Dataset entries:
● ● ● ●
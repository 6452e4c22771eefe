-- ===== src/Config.antt =====
-- internal/config/config.go: the process configuration, its defaults, and `Validate`. A duration
-- and a limit is a natural number: a negative one is refused by the same tests as 0.
-- `strings.TrimSpace` and `url.Parse` are parameters, with the fields of a URL that the code reads.
pub mod Bounds
pub mod Load
pub mod Loaded
use miakapp_server.Prelude.{
  ℕ, ◌+◌, ◌*◌, Bool, true, false, not, ◌&&◌, ◌||◌, Option, none, some, List, [], ◌∷◌, String,
  if◌then◌else◌, ltb, nat_beq, length, ◌==◌, any, ◌!=◌,
}
use miakapp_server.GoMap.{Set, insert, keys}
use miakapp_server.Text.{split, Text, codes, text_beq, text_eq}

abbrev pub second : ℕ
second = 1_000_000_000

abbrev pub default_max_queued_bytes : ℕ
default_max_queued_bytes = 1_048_576

abbrev pub maximum_connections : ℕ
maximum_connections = 4_096

abbrev pub maximum_connection_attempts_per_minute : ℕ
maximum_connection_attempts_per_minute = 65_536

abbrev pub maximum_tracked_ips : ℕ
maximum_tracked_ips = 65_536

abbrev pub maximum_homes : ℕ
maximum_homes = 4_096

abbrev pub maximum_aggregate_queued_bytes : ℕ
maximum_aggregate_queued_bytes = 512 * 1_048_576

pub record Config : Type 0 where
  pub listen_address : Text
  pub allowed_origins : Set Text
  pub handshake : ℕ
  pub write_timeout : ℕ
  pub ping_interval : ℕ
  pub pong_timeout : ℕ
  pub declaration_ttl : ℕ
  pub disconnect_grace : ℕ
  pub shutdown_timeout : ℕ
  pub max_queued_bytes : ℕ
  pub max_connections : ℕ
  pub max_connections_per_ip : ℕ
  pub connection_attempts_per_minute : ℕ
  pub max_tracked_ips : ℕ
  pub max_homes : ℕ
  pub max_aggregate_queued_bytes : ℕ

-- Default()
unfoldable pub default_config : Config
default_config = record {
  listen_address = codes ":3000";
  allowed_origins = [];
  handshake = 5 * second;
  write_timeout = 5 * second;
  ping_interval = 30 * second;
  pong_timeout = 10 * second;
  declaration_ttl = 30 * second;
  disconnect_grace = 30 * second;
  shutdown_timeout = 10 * second;
  max_queued_bytes = default_max_queued_bytes;
  max_connections = 256;
  max_connections_per_ip = 32;
  connection_attempts_per_minute = 120;
  max_tracked_ips = 4_096;
  max_homes = 1_024;
  max_aggregate_queued_bytes = 64 * 1_048_576;
}

-- The fields of `*url.URL` that the configuration reads; `text` is `String()`.
pub record Url : Type 0 where
  pub scheme : Text
  pub host : Text
  pub has_user : Bool
  pub path : Text
  pub raw_query : Text
  pub fragment : Text
  pub text : Text

pub record UrlLibrary : Type 0 where
  pub parse : Text → Option Url
  pub trim_space : Text → Text

pub data ConfigError : Type 0 where
  empty_listen_address : ConfigError
  nonpositive_duration : Text → ConfigError
  queue_limit connection_limit per_ip_limit attempt_limit tracked_limit home_limit : ConfigError
  aggregate_limit : ConfigError
  invalid_origin : Text → ConfigError
  non_origin_url noncanonical_origin : Text → ConfigError

-- The verdict on one non-empty candidate of `parseOrigins`.
unfoldable pub origin_failure : UrlLibrary → Text → Option ConfigError
origin_failure url candidate = elim (url.parse candidate) [
  | none ↦ some (invalid_origin candidate)
  | some parsed ↦
      if (parsed.scheme != codes "http" && parsed.scheme != codes "https") || parsed.host == []
      then some (invalid_origin candidate)
      else if parsed.has_user
          || parsed.path != []
          || parsed.raw_query != []
          || parsed.fragment != []
      then some (non_origin_url candidate)
      else if parsed.text != candidate
      then some (noncanonical_origin candidate)
      else none
]

pub data OriginsResult : Type 0 where
  origins : Set Text → OriginsResult
  invalid_origins : ConfigError → OriginsResult

unfoldable pub collect_origins : UrlLibrary → Set Text → List Text → OriginsResult
unfolding origin_failure
collect_origins url found [] = origins found
collect_origins url found (raw ∷ rest) =
    let candidate = url.trim_space raw in
    let skipped = collect_origins url found rest in
    let kept = collect_origins url (insert candidate (tt) found) rest in
    if candidate == []
    then skipped
    else elim (origin_failure url candidate) [ some e ↦ invalid_origins e | none ↦ kept ]

unfoldable pub parse_origins : UrlLibrary → Text → OriginsResult
unfolding collect_origins split
parse_origins url raw = collect_origins url [] (split b',' raw)

-- The first duration of the table that is not positive.
unfoldable pub first_nonpositive : List (Text × ℕ) → Option ConfigError
first_nonpositive [] = none
first_nonpositive ((name, value) ∷ rest) =
    if nat_beq value 0 then some (nonpositive_duration name) else first_nonpositive rest

unfoldable pub durations : Config → List (Text × ℕ)
durations c =
    (codes "handshake timeout", c.handshake)
    ∷ (codes "write timeout", c.write_timeout)
    ∷ (codes "ping interval", c.ping_interval)
    ∷ (codes "pong timeout", c.pong_timeout)
    ∷ (codes "declaration timeout", c.declaration_ttl)
    ∷ (codes "disconnect grace", c.disconnect_grace)
    ∷ (codes "shutdown timeout", c.shutdown_timeout)
    ∷ []

-- The numeric limits, in the order of the checks; `max_frame_bytes` is protocol.MaxFrameBytes.
unfoldable pub limit_failure : ℕ → Config → Option ConfigError
limit_failure max_frame_bytes c =
    if ltb c.max_queued_bytes max_frame_bytes || ltb default_max_queued_bytes c.max_queued_bytes
    then some queue_limit
    else if ltb c.max_connections 1 || ltb maximum_connections c.max_connections
    then some connection_limit
    else if ltb c.max_connections_per_ip 1 || ltb c.max_connections c.max_connections_per_ip
    then some per_ip_limit
    else if ltb c.connection_attempts_per_minute c.max_connections_per_ip
        || ltb maximum_connection_attempts_per_minute c.connection_attempts_per_minute
    then some attempt_limit
    else if ltb c.max_tracked_ips 1 || ltb maximum_tracked_ips c.max_tracked_ips
    then some tracked_limit
    else if ltb c.max_homes 1 || ltb maximum_homes c.max_homes
    then some home_limit
    else if ltb c.max_aggregate_queued_bytes c.max_queued_bytes
        || ltb maximum_aggregate_queued_bytes c.max_aggregate_queued_bytes
    then some aggregate_limit
    else none

-- The verdict on one configured origin: it must parse to exactly one origin.
abbrev pub is_single_origin : OriginsResult → Bool
is_single_origin (invalid_origins e) = false
is_single_origin (origins found) = nat_beq (length found) 1

unfoldable pub origins_failure : UrlLibrary → List Text → Option ConfigError
origins_failure url [] = none
origins_failure url (origin ∷ rest) =
    if is_single_origin (parse_origins url origin)
    then origins_failure url rest
    else some (invalid_origin origin)

unfoldable pub validate : UrlLibrary → ℕ → Config → Option ConfigError
unfolding first_nonpositive durations limit_failure origins_failure
validate url max_frame_bytes c =
    if url.trim_space c.listen_address == []
    then some empty_listen_address
    else elim (first_nonpositive (durations c)) [
      | some e ↦ some e
      | none ↦ elim (limit_failure max_frame_bytes c) [
        | some e ↦ some e
        | none ↦ origins_failure url (keys c.allowed_origins)
      ]
    ]
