-- ===== src/Config/Bounds.antt =====
-- What an accepted configuration guarantees.
use miakapp_server.Prelude.{ℕ, ◌≤◌, ◌<◌, ◌≡◌, none, arith}
use miakapp_server.Config.{
  Config, UrlLibrary, validate, limit_failure, first_nonpositive, durations, maximum_connections,
  maximum_homes, maximum_tracked_ips, maximum_connection_attempts_per_minute,
  default_max_queued_bytes, maximum_aggregate_queued_bytes,
}

-- The limits that the relay relies on.
pub record IsBounded (max_frame_bytes : ℕ) (c : Config) : Type 0 where
  pub timeouts :
      (0 < c.handshake)
      × (0 < c.write_timeout)
      × (0 < c.ping_interval)
      × (0 < c.pong_timeout)
      × (0 < c.declaration_ttl)
      × (0 < c.disconnect_grace)
      × (0 < c.shutdown_timeout)
  pub one_frame_fits : max_frame_bytes ≤ c.max_queued_bytes
  pub queue_finite : c.max_queued_bytes ≤ default_max_queued_bytes
  pub per_ip : (1 ≤ c.max_connections_per_ip) × (c.max_connections_per_ip ≤ c.max_connections)
  pub total : c.max_connections ≤ maximum_connections
  pub attempts :
      (c.max_connections_per_ip ≤ c.connection_attempts_per_minute)
      × (c.connection_attempts_per_minute ≤ maximum_connection_attempts_per_minute)
  pub tracked : (1 ≤ c.max_tracked_ips) × (c.max_tracked_ips ≤ maximum_tracked_ips)
  pub homes : (1 ≤ c.max_homes) × (c.max_homes ≤ maximum_homes)
  pub aggregate :
      (c.max_queued_bytes ≤ c.max_aggregate_queued_bytes)
      × (c.max_aggregate_queued_bytes ≤ maximum_aggregate_queued_bytes)

timeouts_of_none :
    (c : Config)
    → first_nonpositive (durations c) ≡ none
    → (0 < c.handshake)
      × (0 < c.write_timeout)
      × (0 < c.ping_interval)
      × (0 < c.pong_timeout)
      × (0 < c.declaration_ttl)
      × (0 < c.disconnect_grace)
      × (0 < c.shutdown_timeout)
unfolding first_nonpositive durations
timeouts_of_none c h = ground arith

IsBounded-of_none :
    (m : ℕ) (c : Config)
    → first_nonpositive (durations c) ≡ none
    → limit_failure m c ≡ none
    → IsBounded m c
unfolding limit_failure
IsBounded-of_none m c t h = ground (arith, timeouts_of_none c t)

-- A configuration that is accepted has positive durations and every limit within its range, for
-- whatever URL parser and largest frame; its queues hold at least one frame of that size.
pub validate-IsBounded :
    (url : UrlLibrary) (m : ℕ) (c : Config) → validate url m c ≡ none → IsBounded m c
unfolding validate
validate-IsBounded url m c h = ground (arith, IsBounded-of_none m c)
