-- ===== src/Config/Load.antt =====
-- Load, environment, duration and integer of internal/config/config.go. The process environment and
-- time.ParseDuration are parameters.
use miakapp_server.Prelude.{
  ℕ, ◌||◌, Option, none, some, List, [], ◌∷◌, ◌++◌, ltb, nat_beq, if◌then◌else◌, nat_eq,
}
use miakapp_server.Text.{Text, codes}
use miakapp_server.GoStrings.{Int64, nonnegative, parse_int}
use miakapp_server.GoMap.{Set}
use miakapp_server.Config.{
  Config, default_config, UrlLibrary, ConfigError, origins, invalid_origins, parse_origins,
  validate, default_max_queued_bytes, maximum_connections, maximum_connection_attempts_per_minute,
  maximum_tracked_ips, maximum_homes, maximum_aggregate_queued_bytes,
}

pub record Environment : Type 0 where
  pub lookup_env : Text → Option Text
  pub parse_duration : Text → Option Int64

pub data LoadError : Type 0 where
  not_positive out_of_range : Text → LoadError
  bad_origins not_valid : ConfigError → LoadError

pub data Loading (A : Type 0) : Type 0 where
  loaded : A → Loading A
  refused : LoadError → Loading A

-- os.Getenv
abbrev pub getenv : Environment → Text → Text
getenv env name = elim (env.lookup_env name) [ none ↦ [] | some raw ↦ raw ]

unfoldable pub environment : Environment → Text → Text → Text
environment env name fallback = elim (env.lookup_env name) [ none ↦ fallback | some raw ↦ raw ]

unfoldable pub duration : Environment → Text → ℕ → Loading ℕ
duration env name fallback = elim (env.lookup_env name) [
  | none ↦ loaded fallback
  | some raw ↦ elim (env.parse_duration raw) [
    | some (nonnegative n) ↦ if nat_beq n 0 then refused (not_positive name) else loaded n
    | _ ↦ refused (not_positive name)
  ]
]

-- strconv.Atoi is ParseInt in base 10 and 64 bits; `minimum` is positive.
unfoldable pub integer : Environment → Text → ℕ → ℕ → ℕ → Loading ℕ
integer env name fallback minimum maximum = elim (env.lookup_env name) [
  | none ↦ loaded fallback
  | some raw ↦ elim (parse_int raw) [
    | some (nonnegative n) ↦
        if ltb n minimum || ltb maximum n then refused (out_of_range name) else loaded n
    | _ ↦ refused (out_of_range name)
  ]
]

-- One assignment of Load: the value, if it is accepted, replaces a field.
unfoldable pub assign : Loading ℕ → (ℕ → Config) → Loading Config
assign (loaded n) set = loaded (set n)
assign (refused e) set = refused e

abbrev pub Setting : Type 0
Setting = Config → Loading Config

-- The assignments of Load, in their order; `m` is protocol.MaxFrameBytes.
unfoldable pub duration_settings : Environment → List Setting
duration_settings env =
    (λ c.
      assign (duration env (codes "MIAKAPP_HANDSHAKE_TIMEOUT") c.handshake)
        (λ n. record c { handshake = n }))
    ∷ (λ c.
        assign (duration env (codes "MIAKAPP_WRITE_TIMEOUT") c.write_timeout)
          (λ n. record c { write_timeout = n }))
    ∷ (λ c.
        assign (duration env (codes "MIAKAPP_PING_INTERVAL") c.ping_interval)
          (λ n. record c { ping_interval = n }))
    ∷ (λ c.
        assign (duration env (codes "MIAKAPP_PONG_TIMEOUT") c.pong_timeout)
          (λ n. record c { pong_timeout = n }))
    ∷ (λ c.
        assign (duration env (codes "MIAKAPP_DECLARATION_TIMEOUT") c.declaration_ttl)
          (λ n. record c { declaration_ttl = n }))
    ∷ (λ c.
        assign (duration env (codes "MIAKAPP_DISCONNECT_GRACE") c.disconnect_grace)
          (λ n. record c { disconnect_grace = n }))
    ∷ (λ c.
        assign (duration env (codes "MIAKAPP_SHUTDOWN_TIMEOUT") c.shutdown_timeout)
          (λ n. record c { shutdown_timeout = n }))
    ∷ []

unfoldable pub limit_settings : Environment → ℕ → List Setting
limit_settings env m =
    (λ c.
      assign
        (integer env (codes "MIAKAPP_MAX_QUEUED_BYTES") c.max_queued_bytes m
          default_max_queued_bytes)
        (λ n. record c { max_queued_bytes = n }))
    ∷ (λ c.
        assign
          (integer env (codes "MIAKAPP_MAX_CONNECTIONS") c.max_connections 1 maximum_connections)
          (λ n. record c { max_connections = n }))
    ∷ (λ c.
        assign
          (integer env (codes "MIAKAPP_MAX_CONNECTIONS_PER_IP") c.max_connections_per_ip 1
            maximum_connections)
          (λ n. record c { max_connections_per_ip = n }))
    ∷ (λ c.
        assign
          (integer env (codes "MIAKAPP_CONNECTION_ATTEMPTS_PER_MINUTE")
            c.connection_attempts_per_minute 1 maximum_connection_attempts_per_minute)
          (λ n. record c { connection_attempts_per_minute = n }))
    ∷ (λ c.
        assign
          (integer env (codes "MIAKAPP_MAX_TRACKED_IPS") c.max_tracked_ips 1 maximum_tracked_ips)
          (λ n. record c { max_tracked_ips = n }))
    ∷ (λ c.
        assign (integer env (codes "MIAKAPP_MAX_HOMES") c.max_homes 1 maximum_homes)
          (λ n. record c { max_homes = n }))
    ∷ (λ c.
        assign
          (integer env (codes "MIAKAPP_MAX_AGGREGATE_QUEUED_BYTES") c.max_aggregate_queued_bytes m
            maximum_aggregate_queued_bytes)
          (λ n. record c { max_aggregate_queued_bytes = n }))
    ∷ []

unfoldable pub run_settings : List Setting → Config → Loading Config
run_settings [] c = loaded c
run_settings (setting ∷ settings) c = elim (setting c) [
  | refused e ↦ refused e
  | loaded d ↦ run_settings settings d
]

-- The configuration that the assignments start from.
unfoldable pub initial : Environment → Set Text → Config
initial env found = record default_config {
  listen_address = environment env (codes "MIAKAPP_LISTEN_ADDRESS") default_config.listen_address;
  allowed_origins = found;
}

-- `return config, nil`, once the assignments have been made
unfoldable pub finish_load : UrlLibrary → ℕ → Config → Loading Config
finish_load url m c = elim (validate url m c) [ some e ↦ refused (not_valid e) | none ↦ loaded c ]

unfoldable pub load : Environment → UrlLibrary → ℕ → Loading Config
load env url m = elim (parse_origins url (getenv env (codes "MIAKAPP_ALLOWED_ORIGINS"))) [
  | invalid_origins e ↦ refused (bad_origins e)
  | origins found ↦
      elim (run_settings (duration_settings env ++ limit_settings env m) (initial env found)) [
        | refused e ↦ refused e
        | loaded c ↦ finish_load url m c
      ]
]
● ● ● ●
→ **YOUR GOAL**:
Whenever the word "MaxFrameBytes" shows up in a line of the entries, list that line.

→ **YOUR SOLUTION**:
-- The numeric limits, in the order of the checks; `max_frame_bytes` is protocol.MaxFrameBytes.
-- The assignments of Load, in their order; `m` is protocol.MaxFrameBytes.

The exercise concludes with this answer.